Die spinnen, die Finnen

Sie sind schweigsam, haben eine Vorliebe für Alkohol und haben schräge Metal Bands wie Lordi. Dazu noch die langen, dunklen Winter und Sommer, an denen in Teilen des Landes die Sonne nicht unter geht. Genau in diese Breitengrade hat es die rheinische Frohnatur Dieter Hermann Schmitz verschlagen. 

Schmitz arbeitet als Deutschprofessor an der Uni von Tampere, ist mit einer Finnin verheiratet und versucht im Rahmen seiner Einbürgerung so richtig finnisch zu werden. Dazu gehört auch, die Erbsensuppe, die es jeden Donnerstag in der Mensa gibt, zu mögen. Auch berichtet der Deutsche von Saufkapriolen, an die er sich selbst nicht erinnern kann. Da ist Ärger der finnischen Ehefrau vorprogrammiert. Außerdem erklärt Schmitz, warum die Finnen Probleme mit dem Deutschen Namen haben. Das „Schmitz“ sich für Finnen merkwürdig anhört, ist klar. Genauso geht es dem Deutschen mit den langen Worten, die einen ganzen Satz oder die Stimmung je nach Betonung ausdrücken. 

Dabei gibt Schmitz immer wieder kleine Tipps, wie man im Land der Tausend Seen überleben kann.

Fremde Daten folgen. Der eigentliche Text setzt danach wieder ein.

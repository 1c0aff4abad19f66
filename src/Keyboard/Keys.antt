-- ===== src/Keyboard/Keys.antt =====
-- The interrupt handler of the keyboard: which character a key puts into the queue.
use mathlib.Core.Path.{subst}
use hatcher.Base.{
  ℕ, zero, suc, ◌≤◌, ◌≡◌, refl, sym, ◌∙◌, Bool, true, false, not, List, [], ◌∷◌, inl, inr, arith,
  ◌==◌, ◌&&◌, ◌||◌, ltb, leb, if◌then◌else◌, Bool-cases, ==_iff, length, get_or,
}
use hatcher.Keyboard.{
  Keyboard, scancode_ascii, scancode_ascii_shift, keyboard_buffer_push, xor, translate,
  keyboard_handler,
}
use hatcher.Keyboard.Queue.{queue, enqueue, IsRing, keyboard_buffer_push-queue}

abbrev pub is_letter : ℕ → Bool
is_letter c = leb b'a' c && leb c b'z'

-- The shift table holds the capitals: a letter is taken from it if just one of shift and caps lock
-- is on, another key if shift is on.
abbrev pub pick : Bool → Bool → ℕ → ℕ → ℕ
pick shift caps c c_shift = if (if is_letter c then xor shift caps else shift) then c_shift else c

abbrev pub key_char : Bool → Bool → ℕ → ℕ
key_char shift caps scancode =
    pick shift caps (get_or scancode_ascii scancode 0) (get_or scancode_ascii_shift scancode 0)

same_rows : Bool → Bool → List ℕ → List ℕ → Bool
unfolding translate
same_rows shift caps [] [] = true
same_rows shift caps [] (d ∷ ds) = false
same_rows shift caps (c ∷ cs) [] = false
same_rows shift caps (c ∷ cs) (d ∷ ds) =
    (translate shift caps c d == pick shift caps c d) && same_rows shift caps cs ds

both : (a b : Bool) → (a && b) ≡ true → (a ≡ true) × (b ≡ true)
both a b h = ground arith

of_rows :
    (shift caps : Bool) (cs ds : List ℕ) (i : ℕ)
    → same_rows shift caps cs ds ≡ true
    → translate shift caps 0 0 ≡ 0
    → translate shift caps (get_or cs i 0) (get_or ds i 0)
      ≡ pick shift caps (get_or cs i 0) (get_or ds i 0)
unfolding same_rows
of_rows shift caps [] [] i h z = z ∙ (ground arith)
of_rows shift caps [] (d ∷ ds) i h z = cc
of_rows shift caps (c ∷ cs) [] i h z = cc
of_rows shift caps (c ∷ cs) (d ∷ ds) zero h z = (==_iff _ _).0 (both _ _ h).0
of_rows shift caps (c ∷ cs) (d ∷ ds) (suc i) h z = of_rows shift caps cs ds i (both _ _ h).1 z

translate-key_char :
    (shift caps : Bool) (scancode : ℕ)
    → translate shift caps
        (get_or scancode_ascii scancode 0)
        (get_or scancode_ascii_shift scancode 0)
      ≡ key_char shift caps scancode
unfolding same_rows translate
translate-key_char true true i = of_rows true true scancode_ascii scancode_ascii_shift i refl refl
translate-key_char true false i = of_rows true false scancode_ascii scancode_ascii_shift i refl refl
translate-key_char false true i = of_rows false true scancode_ascii scancode_ascii_shift i refl refl
translate-key_char false false i =
    of_rows false false scancode_ascii scancode_ascii_shift i refl refl

get_or_past : (xs : List ℕ) (i : ℕ) → length xs ≤ i → get_or xs i 0 ≡ 0
get_or_past [] i h = refl
get_or_past (x ∷ xs) zero h = omega arith
get_or_past (x ∷ xs) (suc i) h = get_or_past xs i (omega arith)

no_key :
    (shift caps : Bool) (scancode : ℕ)
    → get_or scancode_ascii scancode 0 ≡ 0
    → get_or scancode_ascii_shift scancode 0 ≡ 0
    → (key_char shift caps scancode == 0) ≡ true
no_key shift caps scancode e e' = simp (e, e') (ground arith)

past :
    (shift caps : Bool) (scancode : ℕ) → 58 ≤ scancode → (key_char shift caps scancode == 0) ≡ true
past shift caps scancode h =
    no_key shift caps scancode (get_or_past scancode_ascii scancode h)
      (get_or_past scancode_ascii_shift scancode h)

shift_no_key :
    (shift caps : Bool) (i : ℕ) → (i == 42 || i == 54) ≡ true → (key_char shift caps i == 0) ≡ true
shift_no_key shift caps i h = elim (Bool-cases (i == 42)) [
  | inl left ↦
      let same : i ≡ 42 = ground arith in
      subst (λ n. (key_char shift caps n == 0) ≡ true) (sym same) (no_key shift caps 42 refl refl)
  | inr right ↦
      let same : i ≡ 54 = ground arith in
      subst (λ n. (key_char shift caps n == 0) ≡ true) (sym same) (no_key shift caps 54 refl refl)
]

-- An interrupt with a scancode adds the character of the key to the queue, the one that the shift
-- and caps lock state of the time picks from the two tables, and nothing if the key has none; the
-- state follows the make and break codes of the two shift keys and the make code of caps lock.
pub keyboard_handler-queue :
    (k : Keyboard) (scancode : ℕ)
    → IsRing k
    → let k' = keyboard_handler scancode k in
      let c = key_char k.shift_pressed k.caps_lock scancode in
      IsRing k'
      × (queue k' ≡ (if c == 0 then queue k else enqueue c (queue k)))
      × (k'.shift_pressed ≡ (
          if scancode == 42 || scancode == 54
          then true
          else if scancode == 170 || scancode == 182
          then false
          else k.shift_pressed))
      × (k'.caps_lock ≡ (if scancode == 58 then not k.caps_lock else k.caps_lock))
unfolding keyboard_handler
keyboard_handler-queue k scancode v =
    let shift = k.shift_pressed in
    let caps = k.caps_lock in
    elim (Bool-cases (scancode == 42 || scancode == 54)) [
      | inl make ↦
          let none_typed = shift_no_key shift caps scancode make in
          let other : (scancode == 58) ≡ false = ground arith in
          simp (make, none_typed, other)
            (record { size = v.size; head = v.head; tail = v.tail }, refl, refl, refl)
      | inr other_make ↦ elim (Bool-cases (scancode == 170 || scancode == 182)) [
        | inl break ↦
            let none_typed = past shift caps scancode (ground arith) in
            let other : (scancode == 58) ≡ false = ground arith in
            simp (other_make, break, none_typed, other)
              (record { size = v.size; head = v.head; tail = v.tail }, refl, refl, refl)
        | inr other_break ↦ elim (Bool-cases (scancode == 58)) [
          | inl lock ↦
              let none_typed = past shift caps scancode (ground arith) in
              simp (other_make, other_break, lock, none_typed)
                (record { size = v.size; head = v.head; tail = v.tail }, refl, refl, refl)
          | inr key ↦
              let same = translate-key_char shift caps scancode in
              elim (Bool-cases (ltb scancode 128)) [
                | inl low ↦
                    simp (other_make, other_break, key, low, same)
                      (pushed (key_char shift caps scancode))
                | inr high ↦
                    let none_typed = past shift caps scancode (ground arith) in
                    simp (other_make, other_break, key, high, none_typed) (v, refl, refl, refl)
              ]
        ]
      ]
    ]
  where
    flags :
        (c : ℕ)
        → ((keyboard_buffer_push c k).shift_pressed ≡ k.shift_pressed)
          × ((keyboard_buffer_push c k).caps_lock ≡ k.caps_lock)
    flags c = unfold keyboard_buffer_push in ground arith

    pushed :
        (c : ℕ)
        → let k' = if c == 0 then k else keyboard_buffer_push c k in
          IsRing k'
          × (queue k' ≡ (if c == 0 then queue k else enqueue c (queue k)))
          × (k'.shift_pressed ≡ k.shift_pressed)
          × (k'.caps_lock ≡ k.caps_lock)
    pushed c = elim (Bool-cases (c == 0)) [
      | inl nothing ↦ simp nothing (v, refl, refl, refl)
      | inr typed ↦
          let (ring, added) = keyboard_buffer_push-queue k c v in
          simp typed (ring, added, (flags c).0, (flags c).1)
    ]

Diese lässt er seine Studenten übersetzen. So solle man immer auf das Arschloch eines Elches zielen, wenn eine Kollision mit dem Tier unausweichlich ist. 

Fazit:

Ich habe mich herrlich amüsiert bei dem Buch. Dazu bin ich in Gedanken immer wieder durch die Straßen vom Tampere gegangen, die Orte waren für mich keine Unbekannten und haben viele schöne Erinnerungen bei mir geweckt. 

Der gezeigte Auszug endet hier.